BEGIN
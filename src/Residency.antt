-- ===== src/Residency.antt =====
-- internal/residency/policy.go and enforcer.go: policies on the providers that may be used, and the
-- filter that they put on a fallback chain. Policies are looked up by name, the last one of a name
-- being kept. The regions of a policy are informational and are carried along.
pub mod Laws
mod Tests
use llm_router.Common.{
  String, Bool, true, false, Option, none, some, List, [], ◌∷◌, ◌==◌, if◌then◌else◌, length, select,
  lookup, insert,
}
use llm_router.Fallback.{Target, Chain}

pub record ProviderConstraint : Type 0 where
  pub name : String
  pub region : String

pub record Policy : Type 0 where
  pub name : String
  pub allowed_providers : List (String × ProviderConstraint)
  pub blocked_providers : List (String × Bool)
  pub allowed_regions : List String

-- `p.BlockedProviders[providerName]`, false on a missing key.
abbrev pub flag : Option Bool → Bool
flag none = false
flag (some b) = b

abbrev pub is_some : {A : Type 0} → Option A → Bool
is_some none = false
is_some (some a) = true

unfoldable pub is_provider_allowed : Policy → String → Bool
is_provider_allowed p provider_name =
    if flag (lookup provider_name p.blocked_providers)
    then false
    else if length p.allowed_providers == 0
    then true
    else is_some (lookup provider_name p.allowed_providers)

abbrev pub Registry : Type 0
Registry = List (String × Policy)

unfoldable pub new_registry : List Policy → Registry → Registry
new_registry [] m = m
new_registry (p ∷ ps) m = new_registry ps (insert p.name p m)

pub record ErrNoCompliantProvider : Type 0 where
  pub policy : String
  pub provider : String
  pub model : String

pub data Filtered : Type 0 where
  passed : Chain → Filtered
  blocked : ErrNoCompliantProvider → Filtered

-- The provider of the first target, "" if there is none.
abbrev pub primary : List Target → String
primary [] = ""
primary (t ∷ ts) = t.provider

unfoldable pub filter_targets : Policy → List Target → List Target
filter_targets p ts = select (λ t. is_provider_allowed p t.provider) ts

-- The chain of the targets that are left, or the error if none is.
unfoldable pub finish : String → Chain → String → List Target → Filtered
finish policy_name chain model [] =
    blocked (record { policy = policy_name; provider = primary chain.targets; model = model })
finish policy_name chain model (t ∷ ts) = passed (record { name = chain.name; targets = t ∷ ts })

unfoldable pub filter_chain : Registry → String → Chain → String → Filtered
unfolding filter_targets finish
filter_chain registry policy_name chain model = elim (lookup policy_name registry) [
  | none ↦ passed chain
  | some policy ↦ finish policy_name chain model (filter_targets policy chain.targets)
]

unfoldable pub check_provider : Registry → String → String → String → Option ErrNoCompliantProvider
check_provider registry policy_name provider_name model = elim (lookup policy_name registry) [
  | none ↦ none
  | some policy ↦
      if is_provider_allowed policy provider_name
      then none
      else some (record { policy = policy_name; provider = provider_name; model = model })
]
END
BEGIN
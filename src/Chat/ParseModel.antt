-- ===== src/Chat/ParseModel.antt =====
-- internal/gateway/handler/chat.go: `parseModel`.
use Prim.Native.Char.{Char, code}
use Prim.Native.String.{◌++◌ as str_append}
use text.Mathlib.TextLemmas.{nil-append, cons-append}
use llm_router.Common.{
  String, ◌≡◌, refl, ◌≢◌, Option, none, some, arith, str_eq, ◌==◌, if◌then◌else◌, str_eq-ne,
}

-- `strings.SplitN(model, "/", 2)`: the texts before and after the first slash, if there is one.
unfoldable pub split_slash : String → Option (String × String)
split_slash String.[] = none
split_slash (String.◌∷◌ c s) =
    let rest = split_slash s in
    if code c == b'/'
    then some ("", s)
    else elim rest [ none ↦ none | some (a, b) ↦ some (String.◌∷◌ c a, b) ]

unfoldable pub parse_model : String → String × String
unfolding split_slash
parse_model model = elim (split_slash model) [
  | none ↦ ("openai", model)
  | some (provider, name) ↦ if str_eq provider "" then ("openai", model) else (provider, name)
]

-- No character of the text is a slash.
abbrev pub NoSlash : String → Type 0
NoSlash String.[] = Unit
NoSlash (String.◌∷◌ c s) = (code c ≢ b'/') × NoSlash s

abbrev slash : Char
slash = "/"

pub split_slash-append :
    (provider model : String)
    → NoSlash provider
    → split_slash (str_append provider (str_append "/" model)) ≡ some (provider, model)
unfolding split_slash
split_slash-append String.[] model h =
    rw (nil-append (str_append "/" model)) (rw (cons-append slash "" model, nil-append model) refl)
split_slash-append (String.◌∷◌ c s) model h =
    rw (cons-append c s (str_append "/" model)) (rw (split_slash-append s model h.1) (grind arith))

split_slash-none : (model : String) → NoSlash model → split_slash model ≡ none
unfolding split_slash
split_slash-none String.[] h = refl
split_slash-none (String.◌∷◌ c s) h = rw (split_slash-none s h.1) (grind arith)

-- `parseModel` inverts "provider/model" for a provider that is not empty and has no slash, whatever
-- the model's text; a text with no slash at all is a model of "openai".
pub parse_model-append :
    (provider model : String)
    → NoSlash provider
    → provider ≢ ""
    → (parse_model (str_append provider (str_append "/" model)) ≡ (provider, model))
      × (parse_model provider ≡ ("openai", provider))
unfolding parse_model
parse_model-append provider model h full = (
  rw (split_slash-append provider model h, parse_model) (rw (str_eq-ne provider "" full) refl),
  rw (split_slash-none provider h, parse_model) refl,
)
END
BEGIN
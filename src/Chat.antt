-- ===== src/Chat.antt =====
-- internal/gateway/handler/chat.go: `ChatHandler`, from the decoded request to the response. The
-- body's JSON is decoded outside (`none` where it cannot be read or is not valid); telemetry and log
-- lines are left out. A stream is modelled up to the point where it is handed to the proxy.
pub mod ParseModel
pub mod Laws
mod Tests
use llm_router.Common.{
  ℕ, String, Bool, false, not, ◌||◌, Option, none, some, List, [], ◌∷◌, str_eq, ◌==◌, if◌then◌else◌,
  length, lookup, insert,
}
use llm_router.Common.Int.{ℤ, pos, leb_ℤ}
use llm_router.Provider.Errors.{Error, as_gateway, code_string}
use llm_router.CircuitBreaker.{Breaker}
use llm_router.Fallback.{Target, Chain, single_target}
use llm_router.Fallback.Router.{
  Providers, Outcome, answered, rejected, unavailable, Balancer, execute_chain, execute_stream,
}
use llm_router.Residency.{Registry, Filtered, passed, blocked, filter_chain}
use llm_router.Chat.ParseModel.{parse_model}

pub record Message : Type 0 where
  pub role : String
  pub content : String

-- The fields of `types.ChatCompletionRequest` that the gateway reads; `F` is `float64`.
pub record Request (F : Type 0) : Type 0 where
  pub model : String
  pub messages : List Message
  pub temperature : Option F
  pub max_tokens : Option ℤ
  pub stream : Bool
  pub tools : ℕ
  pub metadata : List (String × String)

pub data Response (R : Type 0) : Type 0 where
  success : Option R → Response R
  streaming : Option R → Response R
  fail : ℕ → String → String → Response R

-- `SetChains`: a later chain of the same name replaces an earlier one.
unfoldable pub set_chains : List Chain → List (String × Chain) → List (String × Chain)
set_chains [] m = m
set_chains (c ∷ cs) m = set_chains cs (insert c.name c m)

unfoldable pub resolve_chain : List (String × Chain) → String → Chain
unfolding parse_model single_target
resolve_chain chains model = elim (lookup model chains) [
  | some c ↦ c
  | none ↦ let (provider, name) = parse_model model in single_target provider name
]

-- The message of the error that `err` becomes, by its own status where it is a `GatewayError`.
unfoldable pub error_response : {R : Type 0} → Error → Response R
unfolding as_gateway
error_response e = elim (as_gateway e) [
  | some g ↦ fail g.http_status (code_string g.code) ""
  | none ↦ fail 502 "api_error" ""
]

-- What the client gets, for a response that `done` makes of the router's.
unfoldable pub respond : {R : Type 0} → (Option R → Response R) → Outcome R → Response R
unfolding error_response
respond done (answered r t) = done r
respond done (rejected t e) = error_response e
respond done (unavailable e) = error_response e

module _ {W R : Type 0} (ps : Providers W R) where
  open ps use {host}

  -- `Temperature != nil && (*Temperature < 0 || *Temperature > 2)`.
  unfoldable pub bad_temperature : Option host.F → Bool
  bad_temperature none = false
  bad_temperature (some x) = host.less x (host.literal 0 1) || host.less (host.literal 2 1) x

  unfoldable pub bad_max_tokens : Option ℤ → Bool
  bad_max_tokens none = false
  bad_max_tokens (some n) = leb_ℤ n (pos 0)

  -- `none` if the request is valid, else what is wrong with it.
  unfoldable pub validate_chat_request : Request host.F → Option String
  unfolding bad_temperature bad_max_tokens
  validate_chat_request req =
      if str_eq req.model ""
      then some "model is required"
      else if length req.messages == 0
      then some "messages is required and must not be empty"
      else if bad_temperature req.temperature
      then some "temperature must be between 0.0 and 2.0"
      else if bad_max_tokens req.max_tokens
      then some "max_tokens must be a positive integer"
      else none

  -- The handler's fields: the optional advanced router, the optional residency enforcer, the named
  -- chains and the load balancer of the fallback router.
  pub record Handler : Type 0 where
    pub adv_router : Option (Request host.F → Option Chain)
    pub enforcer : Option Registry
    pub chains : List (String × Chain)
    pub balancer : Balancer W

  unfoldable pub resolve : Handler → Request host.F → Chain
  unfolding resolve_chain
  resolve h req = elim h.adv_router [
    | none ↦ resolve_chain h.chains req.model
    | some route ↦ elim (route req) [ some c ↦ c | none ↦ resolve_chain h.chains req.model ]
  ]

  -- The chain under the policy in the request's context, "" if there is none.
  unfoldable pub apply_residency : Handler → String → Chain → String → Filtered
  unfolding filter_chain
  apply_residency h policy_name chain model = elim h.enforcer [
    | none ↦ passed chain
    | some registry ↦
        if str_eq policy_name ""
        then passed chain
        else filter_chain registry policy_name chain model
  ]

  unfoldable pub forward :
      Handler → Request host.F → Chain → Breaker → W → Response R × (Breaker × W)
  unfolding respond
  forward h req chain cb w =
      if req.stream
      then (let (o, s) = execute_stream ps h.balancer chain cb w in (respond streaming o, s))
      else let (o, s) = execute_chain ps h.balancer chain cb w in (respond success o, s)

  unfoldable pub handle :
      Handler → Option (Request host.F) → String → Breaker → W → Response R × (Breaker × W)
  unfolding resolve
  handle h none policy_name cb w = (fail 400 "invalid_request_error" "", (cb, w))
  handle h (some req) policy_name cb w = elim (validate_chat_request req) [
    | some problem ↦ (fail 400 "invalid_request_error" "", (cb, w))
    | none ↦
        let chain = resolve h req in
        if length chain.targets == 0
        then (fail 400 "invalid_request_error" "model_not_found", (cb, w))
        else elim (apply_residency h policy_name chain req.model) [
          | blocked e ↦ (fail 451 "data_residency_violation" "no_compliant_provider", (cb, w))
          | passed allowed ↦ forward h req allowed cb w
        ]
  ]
END
[HOW TO COMPLETE THIS TASK]
Wherever the line holding "-- The message" falls in the entries above, copy exactly from it through the line holding "-- What the", inclusive, and add nothing.

[SOLUTION TO THIS TASK]
-- The message of the error that `err` becomes, by its own status where it is a `GatewayError`.
unfoldable pub error_response : {R : Type 0} → Error → Response R
unfolding as_gateway
error_response e = elim (as_gateway e) [
  | some g ↦ fail g.http_status (code_string g.code) ""
  | none ↦ fail 502 "api_error" ""
]

-- What the client gets, for a response that `done` makes of the router's.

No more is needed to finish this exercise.